Records excerpted from a collection ▸
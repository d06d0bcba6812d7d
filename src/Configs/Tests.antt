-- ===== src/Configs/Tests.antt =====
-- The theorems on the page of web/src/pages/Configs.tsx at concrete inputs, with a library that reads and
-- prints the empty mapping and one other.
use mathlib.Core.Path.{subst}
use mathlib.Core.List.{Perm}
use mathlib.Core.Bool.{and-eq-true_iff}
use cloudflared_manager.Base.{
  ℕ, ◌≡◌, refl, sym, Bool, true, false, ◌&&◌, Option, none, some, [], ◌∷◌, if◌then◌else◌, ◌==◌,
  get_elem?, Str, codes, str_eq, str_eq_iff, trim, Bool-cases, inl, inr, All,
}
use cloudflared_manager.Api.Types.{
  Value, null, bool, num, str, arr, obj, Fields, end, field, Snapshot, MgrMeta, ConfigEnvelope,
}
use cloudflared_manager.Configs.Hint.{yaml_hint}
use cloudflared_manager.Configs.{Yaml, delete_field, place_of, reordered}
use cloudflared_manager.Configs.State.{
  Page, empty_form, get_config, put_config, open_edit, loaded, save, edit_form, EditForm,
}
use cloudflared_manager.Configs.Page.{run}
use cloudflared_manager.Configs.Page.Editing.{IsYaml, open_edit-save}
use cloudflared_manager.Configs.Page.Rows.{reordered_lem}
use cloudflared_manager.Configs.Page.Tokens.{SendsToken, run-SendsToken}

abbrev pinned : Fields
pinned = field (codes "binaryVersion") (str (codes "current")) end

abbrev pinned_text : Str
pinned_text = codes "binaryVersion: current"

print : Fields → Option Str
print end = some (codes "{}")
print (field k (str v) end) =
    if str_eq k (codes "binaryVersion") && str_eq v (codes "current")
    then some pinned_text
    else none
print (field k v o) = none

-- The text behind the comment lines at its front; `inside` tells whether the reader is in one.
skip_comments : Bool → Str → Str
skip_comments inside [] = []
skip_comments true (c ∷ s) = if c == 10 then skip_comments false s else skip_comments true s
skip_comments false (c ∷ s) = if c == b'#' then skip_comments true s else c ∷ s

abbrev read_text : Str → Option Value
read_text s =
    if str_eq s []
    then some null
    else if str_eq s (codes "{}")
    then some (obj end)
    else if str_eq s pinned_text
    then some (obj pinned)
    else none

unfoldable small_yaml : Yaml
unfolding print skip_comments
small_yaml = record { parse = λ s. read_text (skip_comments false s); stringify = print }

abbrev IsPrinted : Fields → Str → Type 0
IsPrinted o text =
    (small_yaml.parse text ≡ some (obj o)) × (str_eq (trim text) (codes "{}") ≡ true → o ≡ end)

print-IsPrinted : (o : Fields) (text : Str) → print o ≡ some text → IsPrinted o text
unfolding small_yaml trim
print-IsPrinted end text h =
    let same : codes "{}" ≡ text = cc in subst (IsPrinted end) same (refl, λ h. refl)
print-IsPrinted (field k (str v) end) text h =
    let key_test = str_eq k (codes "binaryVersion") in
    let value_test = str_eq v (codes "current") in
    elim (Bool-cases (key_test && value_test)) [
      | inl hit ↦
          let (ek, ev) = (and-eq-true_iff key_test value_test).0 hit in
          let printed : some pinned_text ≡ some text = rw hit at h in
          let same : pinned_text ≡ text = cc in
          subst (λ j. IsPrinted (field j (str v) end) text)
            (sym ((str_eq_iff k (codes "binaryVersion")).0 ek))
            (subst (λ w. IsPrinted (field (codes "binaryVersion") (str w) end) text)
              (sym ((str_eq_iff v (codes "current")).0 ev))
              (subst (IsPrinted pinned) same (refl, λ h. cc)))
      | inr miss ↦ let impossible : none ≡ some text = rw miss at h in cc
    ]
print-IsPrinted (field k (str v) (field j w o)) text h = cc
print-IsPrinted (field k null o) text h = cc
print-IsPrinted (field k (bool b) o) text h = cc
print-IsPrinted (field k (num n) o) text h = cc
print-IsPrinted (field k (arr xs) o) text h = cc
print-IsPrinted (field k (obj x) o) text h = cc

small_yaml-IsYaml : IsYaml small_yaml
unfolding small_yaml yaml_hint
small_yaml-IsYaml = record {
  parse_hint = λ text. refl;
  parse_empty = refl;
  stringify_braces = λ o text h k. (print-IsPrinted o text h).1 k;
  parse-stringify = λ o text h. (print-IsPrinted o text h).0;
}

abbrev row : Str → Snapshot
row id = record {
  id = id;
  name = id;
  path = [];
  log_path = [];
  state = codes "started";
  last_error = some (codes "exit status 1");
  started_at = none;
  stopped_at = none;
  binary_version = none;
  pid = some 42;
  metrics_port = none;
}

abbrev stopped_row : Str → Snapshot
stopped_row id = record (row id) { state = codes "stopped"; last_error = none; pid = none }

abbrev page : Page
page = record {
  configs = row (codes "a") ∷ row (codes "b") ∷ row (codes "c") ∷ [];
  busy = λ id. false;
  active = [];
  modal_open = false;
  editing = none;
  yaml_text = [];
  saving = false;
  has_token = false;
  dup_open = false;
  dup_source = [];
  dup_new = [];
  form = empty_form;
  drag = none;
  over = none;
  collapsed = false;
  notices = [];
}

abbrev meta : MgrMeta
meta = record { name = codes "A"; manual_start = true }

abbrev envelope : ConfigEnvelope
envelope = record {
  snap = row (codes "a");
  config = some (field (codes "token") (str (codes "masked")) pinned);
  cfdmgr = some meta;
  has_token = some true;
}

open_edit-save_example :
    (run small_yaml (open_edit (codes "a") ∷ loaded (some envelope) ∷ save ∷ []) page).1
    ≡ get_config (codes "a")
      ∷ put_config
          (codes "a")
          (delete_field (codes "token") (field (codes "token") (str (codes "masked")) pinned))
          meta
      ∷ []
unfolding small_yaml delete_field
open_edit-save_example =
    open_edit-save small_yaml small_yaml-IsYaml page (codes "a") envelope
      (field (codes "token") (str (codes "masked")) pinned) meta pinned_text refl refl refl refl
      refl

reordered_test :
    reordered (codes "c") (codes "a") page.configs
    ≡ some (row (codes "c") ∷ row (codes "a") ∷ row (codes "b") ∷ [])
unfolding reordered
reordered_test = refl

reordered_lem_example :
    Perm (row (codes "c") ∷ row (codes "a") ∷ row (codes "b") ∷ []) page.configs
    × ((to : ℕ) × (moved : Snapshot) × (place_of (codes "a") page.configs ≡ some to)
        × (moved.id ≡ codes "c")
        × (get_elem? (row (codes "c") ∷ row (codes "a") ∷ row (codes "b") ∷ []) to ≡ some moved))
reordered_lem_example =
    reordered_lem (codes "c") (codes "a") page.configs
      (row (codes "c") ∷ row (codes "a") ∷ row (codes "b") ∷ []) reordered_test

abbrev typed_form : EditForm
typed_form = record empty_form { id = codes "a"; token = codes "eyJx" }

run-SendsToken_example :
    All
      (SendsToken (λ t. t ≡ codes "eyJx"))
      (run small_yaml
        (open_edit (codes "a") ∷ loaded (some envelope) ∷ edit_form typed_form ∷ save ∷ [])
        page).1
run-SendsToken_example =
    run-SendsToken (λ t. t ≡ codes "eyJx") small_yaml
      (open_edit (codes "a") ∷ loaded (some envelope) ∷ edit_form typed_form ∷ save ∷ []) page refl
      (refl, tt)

* * *

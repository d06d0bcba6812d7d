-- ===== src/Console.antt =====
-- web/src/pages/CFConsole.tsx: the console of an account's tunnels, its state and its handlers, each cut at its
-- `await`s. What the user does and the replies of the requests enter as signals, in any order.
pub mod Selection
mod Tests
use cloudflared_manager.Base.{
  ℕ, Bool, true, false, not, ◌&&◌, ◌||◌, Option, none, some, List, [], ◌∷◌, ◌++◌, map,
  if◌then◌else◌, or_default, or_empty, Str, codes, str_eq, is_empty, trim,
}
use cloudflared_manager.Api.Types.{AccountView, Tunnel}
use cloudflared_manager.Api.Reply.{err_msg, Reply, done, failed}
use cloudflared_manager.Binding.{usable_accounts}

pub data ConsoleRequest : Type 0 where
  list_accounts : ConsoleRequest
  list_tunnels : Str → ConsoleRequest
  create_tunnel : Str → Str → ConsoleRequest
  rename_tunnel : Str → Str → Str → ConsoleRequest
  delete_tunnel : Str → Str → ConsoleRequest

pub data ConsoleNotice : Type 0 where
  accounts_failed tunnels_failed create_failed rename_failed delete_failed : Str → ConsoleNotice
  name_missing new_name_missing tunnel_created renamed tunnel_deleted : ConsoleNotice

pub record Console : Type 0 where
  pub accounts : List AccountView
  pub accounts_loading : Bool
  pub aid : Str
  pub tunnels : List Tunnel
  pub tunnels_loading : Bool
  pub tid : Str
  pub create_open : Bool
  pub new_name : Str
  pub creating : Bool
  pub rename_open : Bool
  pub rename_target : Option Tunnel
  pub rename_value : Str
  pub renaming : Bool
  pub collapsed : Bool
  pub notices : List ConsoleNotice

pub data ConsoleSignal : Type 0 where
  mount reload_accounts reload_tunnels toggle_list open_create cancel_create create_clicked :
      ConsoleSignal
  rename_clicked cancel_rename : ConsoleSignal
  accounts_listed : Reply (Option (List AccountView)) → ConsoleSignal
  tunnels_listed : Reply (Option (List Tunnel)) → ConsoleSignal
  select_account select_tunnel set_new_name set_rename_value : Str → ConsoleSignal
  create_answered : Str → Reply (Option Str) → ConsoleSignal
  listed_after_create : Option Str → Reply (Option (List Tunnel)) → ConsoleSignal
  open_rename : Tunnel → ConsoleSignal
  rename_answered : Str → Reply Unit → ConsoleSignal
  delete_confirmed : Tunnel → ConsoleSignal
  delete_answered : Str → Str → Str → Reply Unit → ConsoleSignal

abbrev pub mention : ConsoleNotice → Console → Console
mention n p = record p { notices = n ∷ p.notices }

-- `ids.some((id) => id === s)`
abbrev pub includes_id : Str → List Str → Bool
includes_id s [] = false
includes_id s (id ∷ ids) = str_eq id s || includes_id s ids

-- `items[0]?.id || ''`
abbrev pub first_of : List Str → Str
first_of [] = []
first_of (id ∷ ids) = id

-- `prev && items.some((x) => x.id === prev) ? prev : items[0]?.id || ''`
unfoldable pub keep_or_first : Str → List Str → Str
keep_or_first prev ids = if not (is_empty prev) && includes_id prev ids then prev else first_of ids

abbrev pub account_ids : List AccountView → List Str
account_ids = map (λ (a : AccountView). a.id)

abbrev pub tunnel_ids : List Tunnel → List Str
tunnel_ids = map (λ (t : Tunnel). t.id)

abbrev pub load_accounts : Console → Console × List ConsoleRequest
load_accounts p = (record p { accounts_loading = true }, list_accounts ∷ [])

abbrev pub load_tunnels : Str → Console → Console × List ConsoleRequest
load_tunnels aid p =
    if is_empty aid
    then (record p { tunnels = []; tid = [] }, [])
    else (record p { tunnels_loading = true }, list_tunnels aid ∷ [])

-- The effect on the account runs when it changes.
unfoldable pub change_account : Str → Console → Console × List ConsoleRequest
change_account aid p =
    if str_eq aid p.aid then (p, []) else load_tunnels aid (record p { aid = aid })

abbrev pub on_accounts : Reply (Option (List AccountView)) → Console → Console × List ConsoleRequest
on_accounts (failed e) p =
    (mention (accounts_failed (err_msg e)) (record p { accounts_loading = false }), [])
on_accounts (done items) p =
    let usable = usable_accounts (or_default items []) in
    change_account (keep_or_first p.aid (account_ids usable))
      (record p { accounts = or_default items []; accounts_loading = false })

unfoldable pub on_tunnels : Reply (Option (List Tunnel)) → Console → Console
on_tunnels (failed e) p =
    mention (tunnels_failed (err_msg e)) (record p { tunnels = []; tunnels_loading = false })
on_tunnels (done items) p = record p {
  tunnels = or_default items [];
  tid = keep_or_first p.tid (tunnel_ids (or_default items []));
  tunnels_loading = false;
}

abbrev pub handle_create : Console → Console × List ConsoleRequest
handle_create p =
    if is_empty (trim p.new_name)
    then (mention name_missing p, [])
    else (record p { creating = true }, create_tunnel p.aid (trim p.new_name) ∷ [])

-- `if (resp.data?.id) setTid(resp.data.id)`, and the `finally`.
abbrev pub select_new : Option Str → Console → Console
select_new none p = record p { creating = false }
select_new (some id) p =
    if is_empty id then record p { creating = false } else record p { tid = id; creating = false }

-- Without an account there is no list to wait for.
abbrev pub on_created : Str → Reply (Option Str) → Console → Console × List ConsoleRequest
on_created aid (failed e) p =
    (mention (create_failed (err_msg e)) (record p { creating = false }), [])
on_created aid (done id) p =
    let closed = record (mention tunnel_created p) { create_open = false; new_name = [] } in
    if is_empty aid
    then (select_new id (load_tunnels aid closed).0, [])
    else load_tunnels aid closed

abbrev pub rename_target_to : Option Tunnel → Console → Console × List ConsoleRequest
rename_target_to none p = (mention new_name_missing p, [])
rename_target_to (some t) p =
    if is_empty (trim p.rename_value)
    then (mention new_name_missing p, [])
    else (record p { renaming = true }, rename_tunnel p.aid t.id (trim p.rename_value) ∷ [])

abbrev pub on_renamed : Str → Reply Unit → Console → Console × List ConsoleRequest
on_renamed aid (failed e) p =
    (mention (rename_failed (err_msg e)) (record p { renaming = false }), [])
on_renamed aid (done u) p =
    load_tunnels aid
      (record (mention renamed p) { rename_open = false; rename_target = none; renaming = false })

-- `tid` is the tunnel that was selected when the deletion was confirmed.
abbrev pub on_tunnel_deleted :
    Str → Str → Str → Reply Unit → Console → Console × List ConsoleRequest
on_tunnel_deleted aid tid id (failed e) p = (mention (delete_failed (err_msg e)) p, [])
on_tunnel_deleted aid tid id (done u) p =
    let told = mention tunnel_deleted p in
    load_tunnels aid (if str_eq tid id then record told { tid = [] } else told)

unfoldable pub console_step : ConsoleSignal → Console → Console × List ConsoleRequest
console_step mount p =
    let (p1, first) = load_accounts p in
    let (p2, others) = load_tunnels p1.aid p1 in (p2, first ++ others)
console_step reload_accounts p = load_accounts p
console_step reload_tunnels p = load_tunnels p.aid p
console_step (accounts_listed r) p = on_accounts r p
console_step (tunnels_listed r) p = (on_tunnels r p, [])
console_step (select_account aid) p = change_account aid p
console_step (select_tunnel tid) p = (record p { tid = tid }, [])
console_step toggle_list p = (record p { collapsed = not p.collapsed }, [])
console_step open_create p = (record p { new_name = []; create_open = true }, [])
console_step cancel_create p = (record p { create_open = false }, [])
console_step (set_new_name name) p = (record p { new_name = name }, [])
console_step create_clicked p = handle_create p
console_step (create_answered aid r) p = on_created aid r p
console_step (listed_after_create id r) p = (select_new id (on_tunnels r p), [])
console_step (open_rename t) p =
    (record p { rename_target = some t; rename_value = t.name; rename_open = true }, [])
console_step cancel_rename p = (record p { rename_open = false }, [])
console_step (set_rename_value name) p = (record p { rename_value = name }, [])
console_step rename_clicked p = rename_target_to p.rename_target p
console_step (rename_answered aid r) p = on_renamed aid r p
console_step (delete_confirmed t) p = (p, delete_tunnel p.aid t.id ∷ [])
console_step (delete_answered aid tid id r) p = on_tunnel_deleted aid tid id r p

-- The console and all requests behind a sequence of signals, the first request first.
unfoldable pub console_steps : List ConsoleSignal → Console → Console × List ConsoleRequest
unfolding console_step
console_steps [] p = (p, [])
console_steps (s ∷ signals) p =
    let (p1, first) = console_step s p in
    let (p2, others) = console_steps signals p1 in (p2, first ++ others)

Problem to solve ▸ Bring together all lines in the records where the word "moved" is found.

Exercise response ▸
    × ((to : ℕ) × (moved : Snapshot) × (place_of (codes "a") page.configs ≡ some to)
        × (moved.id ≡ codes "c")
        × (get_elem? (row (codes "c") ∷ row (codes "a") ∷ row (codes "b") ∷ []) to ≡ some moved))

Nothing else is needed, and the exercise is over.